Zielgruppe: Wer ohne Prozess­risiko klagen möchte, aber nicht rechtsschutzversichert ist, kann sich an einen Prozessfinanzierer wenden. In Deutschland sind Foris, Legial und Roland Prozessfinanz die führenden Anbieter.

Prozedere: Der Geschädigte muss zunächst einen Anwalt einschalten, der den Klageentwurf und weitere relevante Unterlagen beim Prozessfinanzierer einreicht. Innerhalb von zwei bis sechs Wochen erfolgt üblicherweise eine Finanzierungszusage - oder eine Ablehnung.

Kosten: Für den Kläger entstehen keine Gerichts- und Anwaltskosten. Wird der Prozess gewonnen, bekommt der Finanzierer zwischen 20 und 50 Prozent des eingeklagten Erlöses. Je höher diese Summe ist, desto niedriger ist die Quote.

Legal-Tech-Firmen:


Zielgruppe: Dieselfahrer, die ihre Schadenersatzansprüche erst ­kostenlos prüfen lassen wollen. Rechts­dienstleister dafür sind Portale wie myright.de, verbraucherritter.de und dieselklage.com.

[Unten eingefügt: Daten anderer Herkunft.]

-- ===== src/History/Pairs/Replay.antt =====
-- Histories after several calls: what the store gives back, and the order of results that panics.
use ai_ckb_backend.Common.{
  ℕ, ◌+◌, ◌<◌, ◌≡◌, refl, true, false, List, [], ◌∷◌, Option, some, none, arith, if◌then◌else◌, inl,
  inr, Bool-cases, Option-cases, is_some, sym, ◌∙◌,
}
use ai_ckb_backend.Common.BTreeMap.{Key_ord, get, insert, get-insert, IsSorted, get-Above, key_eq}
use ai_ckb_backend.Common.Outcome.{ok, panic, u128_mod, ◌>>=◌}
use ai_ckb_backend.History.Internal.{Pair, Pair_ord, InternalPairResult, InternalResult}
use ai_ckb_backend.History.Internal.Steps.{HasChannels}
use ai_ckb_backend.History.Pairs.{
  TimedResult, PaymentHistory, Applied, add_result, load_results, load_from_store, new,
  is_consistent, apply_pair_result, apply_pairs, fail_pairs, pairs_on, apply_fail_node,
  extend_channels, union, channels_or_empty, apply_internal_result, update_failure, first_result,
}
use ai_ckb_backend.History.Pairs.Valid.{
  IsConsistent, apply_pair_result_cases, update_success_panic, failed,
}

get-add_result :
    (k : Pair) (r : TimedResult) (h : PaymentHistory) → get k (add_result k r h).inner ≡ some r
unfolding add_result
get-add_result k r h = ground (arith, get-insert k k r h.inner, Pair_ord.cmp_refl k)

failure_after_success :
    (interval s f t1 t2 : ℕ)
    → update_failure interval f t2 (first_result s true t1)
      ≡ ok (some (failed f t2 (first_result s true t1)))
unfolding update_failure first_result
failure_after_success interval s f t1 t2 = ground arith

success_amount_after :
    (s f a t1 t2 : ℕ)
    → a + 1 < s
    → a + 2 < f
    → a + 1 < (failed f t2 (first_result s true t1)).success_amount
unfolding first_result
success_amount_after s f a t1 t2 b c = ground arith

-- A success of `s`, a failure of `f`, and a success of `a` through one pair that had no result. If `a`
-- is at least two below both `s` and `f` less one, then the third call panics, on its `assert!`.
pub apply_pair_result_replay :
    (k : Pair) (s f a t1 t2 t3 : ℕ) (h : PaymentHistory)
    → get k h.inner ≡ none
    → 0 < t2
    → a + 1 < s
    → a + 2 < f
    → (apply_pair_result k s true t1 h
        >>= (λ h1. apply_pair_result k f false t2 h1 >>= (λ h2. apply_pair_result k a true t3 h2)))
      ≡ panic
unfolding apply_pair_result
apply_pair_result_replay k s f a t1 t2 t3 h e p b c =
    let r1 = first_result s true t1 in
    let h1 = add_result k r1 h in
    let h2 = add_result k (failed f t2 r1) h1 in
    let first : apply_pair_result k s true t1 h ≡ ok h1 = rw (e, apply_pair_result) refl in
    let second : apply_pair_result k f false t2 h1 ≡ ok h2 =
      rw
        (
          get-add_result k r1 h,
          apply_pair_result,
          failure_after_success h1.min_fail_relax_interval s f t1 t2,
        )
        refl in
    let third : apply_pair_result k a true t3 h2 ≡ panic =
      rw
        (
          get-add_result k (failed f t2 r1) h1,
          apply_pair_result,
          update_success_panic a t3 (failed f t2 r1) p (success_amount_after s f a t1 t2 b c),
        )
        refl in
    rw (first, second, third) refl

-- A result that is no success.
abbrev pub IsFailures : List (Pair × InternalPairResult) → Type 0
IsFailures [] = Unit
IsFailures ((k, r) ∷ pairs) = (r.success ≡ false) × (r.amount + 1 < u128_mod) × IsFailures pairs

-- A run that succeeds and keeps the history consistent.
record Kept (run : Applied PaymentHistory) : Type 0 where
  after : PaymentHistory
  runs : run ≡ ok after
  consistent : IsConsistent after

failure-Kept :
    (k : Pair) (amount time : ℕ) (h : PaymentHistory)
    → IsConsistent h
    → amount + 1 < u128_mod
    → Kept (apply_pair_result k amount false time h)
failure-Kept k amount time h v b = elim (apply_pair_result_cases k amount false time h v b) [
  | inl (smaller, e) ↦ let no : false ≡ true = smaller.succeeds in absurd (ground arith)
  | inr (h', e, a) ↦ record { after = h'; runs = e; consistent = a.consistent }
]

apply_pairs-Kept :
    (pairs : List (Pair × InternalPairResult)) (h : PaymentHistory)
    → IsConsistent h
    → IsFailures pairs
    → Kept (apply_pairs pairs h)
unfolding apply_pairs
apply_pairs-Kept [] h v f = record { after = h; runs = refl; consistent = v }
apply_pairs-Kept ((k, r) ∷ pairs) h v (e, b, f) =
    let first = failure-Kept k r.amount r.time h v b in
    let rest = apply_pairs-Kept pairs first.after first.consistent f in
    record { after = rest.after; runs = rw (e, first.runs) rest.runs; consistent = rest.consistent }

fail_pairs-Kept :
    (now : ℕ) (ks : List Pair) (h : PaymentHistory) → IsConsistent h → Kept (fail_pairs now ks h)
unfolding fail_pairs
fail_pairs-Kept now [] h v = record { after = h; runs = refl; consistent = v }
fail_pairs-Kept now (k ∷ ks) h v =
    let first = failure-Kept k 0 now h v (omega arith) in
    let rest = fail_pairs-Kept now ks first.after first.consistent in
    record { after = rest.after; runs = rw first.runs rest.runs; consistent = rest.consistent }

-- The channels of a node are there after `extend_channels` if they are on either side.
extend_channels-keeps :
    (more m : List (ℕ × List ℕ)) (n : ℕ)
    → is_some (get n m) ≡ true
    → is_some (get n (extend_channels more m)) ≡ true
unfolding extend_channels
extend_channels-keeps [] m n e = e
extend_channels-keeps ((j, cs) ∷ more) m n e =
    extend_channels-keeps more (insert j (union cs (channels_or_empty (get j m))) m) n
      (ground (arith, get-insert n j (union cs (channels_or_empty (get j m))) m))

extend_channels-adds :
    (more m : List (ℕ × List ℕ)) (n : ℕ)
    → is_some (get n more) ≡ true
    → is_some (get n (extend_channels more m)) ≡ true
unfolding extend_channels
extend_channels-adds [] m n e = absurd (ground arith)
extend_channels-adds ((j, cs) ∷ more) m n e =
    let entered = insert j (union cs (channels_or_empty (get j m))) m in
    elim (Bool-cases (key_eq n j)) [
      | inl same ↦
          extend_channels-keeps more entered n
            (ground (arith, get-insert n j (union cs (channels_or_empty (get j m))) m))
      | inr other ↦ extend_channels-adds more entered n (ground arith)
    ]

apply_fail_node-Kept :
    (now : ℕ) (blamed : Option ℕ) (h : PaymentHistory)
    → IsConsistent h
    → ((n : ℕ) → blamed ≡ some n → is_some (get n h.nodes_to_channel_map) ≡ true)
    → Kept (apply_fail_node now blamed h)
apply_fail_node-Kept now none h v c = record { after = h; runs = refl; consistent = v }
apply_fail_node-Kept now (some n) h v c = elim (Option-cases (get n h.nodes_to_channel_map)) [
  | inl e ↦ absurd (ground (arith, c n refl))
  | inr (channels, e) ↦
      let run = fail_pairs-Kept now (pairs_on channels h.inner) h v in
      record {
        after = run.after;
        runs = rw (e, apply_fail_node) run.runs;
        consistent = run.consistent;
      }
]

-- On a consistent history, a result without a success whose blamed node has channels, and whose
-- amounts are below 2^128 - 1, is applied without a panic, and the history stays consistent.
pub apply_internal_result_total :
    (now : ℕ) (result : InternalResult) (h : PaymentHistory)
    → IsConsistent h
    → IsFailures result.pairs
    → HasChannels result
    → (h' : PaymentHistory) × (apply_internal_result now result h ≡ ok h') × IsConsistent h'
unfolding apply_internal_result
apply_internal_result_total now result h v f c =
    let pairs = apply_pairs-Kept result.pairs h v f in
    let extended = record pairs.after {
      nodes_to_channel_map =
          extend_channels result.nodes_to_channel_map pairs.after.nodes_to_channel_map;
    } in
    let node =
      apply_fail_node-Kept now result.fail_node extended
        (record { consistent = pairs.consistent.consistent; synced = pairs.consistent.synced })
        (λ n e.
          extend_channels-adds result.nodes_to_channel_map pairs.after.nodes_to_channel_map n
            (c n e)) in
    (node.after, rw pairs.runs node.runs, node.consistent)

load_results-get :
    (k : Pair) (results inner : List (Pair × TimedResult))
    → IsSorted results
    → get k (load_results results inner)
      ≡ (if is_some (get k results) then get k results else get k inner)
unfolding load_results
load_results-get k [] inner s = refl
load_results-get k ((j, r) ∷ results) inner s = ground (
  arith,
  load_results-get k results (insert j r inner) s.1,
  get-insert k j r inner,
  get-Above j results s.0,
  Pair_ord.cmp_eq k j,
)

-- A history made over a store whose entries are in the order of their keys and each consistent is
-- consistent, and finds for every pair what the store has.
pub new-IsConsistent :
    (source : ℕ) (interval : Option ℕ) (store : List (Pair × TimedResult))
    → IsSorted store
    → ((k : Pair) (r : TimedResult) → get k store ≡ some r → is_consistent r ≡ true)
    → IsConsistent (new source interval store)
      × ((k : Pair) → get k (new source interval store).inner ≡ get k store)
unfolding new load_from_store
new-IsConsistent source interval store s c =
    let found : (k : Pair) → get k (load_results store []) ≡ get k store =
      λ k. ground (arith, load_results-get k store [] s) in
    (record { consistent = λ k r e. c k r (sym (found k) ∙ e); synced = λ k. sym (found k) }, found)
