-- ===== src/Payments.antt =====
-- The payments that the network actor sends (fiber/src/fiber/network.rs).
pub mod Request
pub mod State
pub mod Failure
pub mod Send
pub mod Remove
pub mod Restart
pub mod Bounded
pub mod Steps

Das Prozedere: Legal Techs erstellen Beschwerdeschreiben und Klageschriften digital. Sie passen sie meistens automatisch an den vom User geschilderten Sachverhalt an.

Kosten: Nur wenn das Verfahren zugunsten der Verbraucher ausgeht, kassieren die Anbieter Provision - in den meisten Fällen sind das 30 Prozent der durchgesetzten Entschädigungssumme. Mitunter wird den Verbrauchern auch eine Sofortentschädigung geboten: Für das "schnelle Geld" sind dann 40 bis 45 Prozent der Entschädigungssumme als Provision fällig.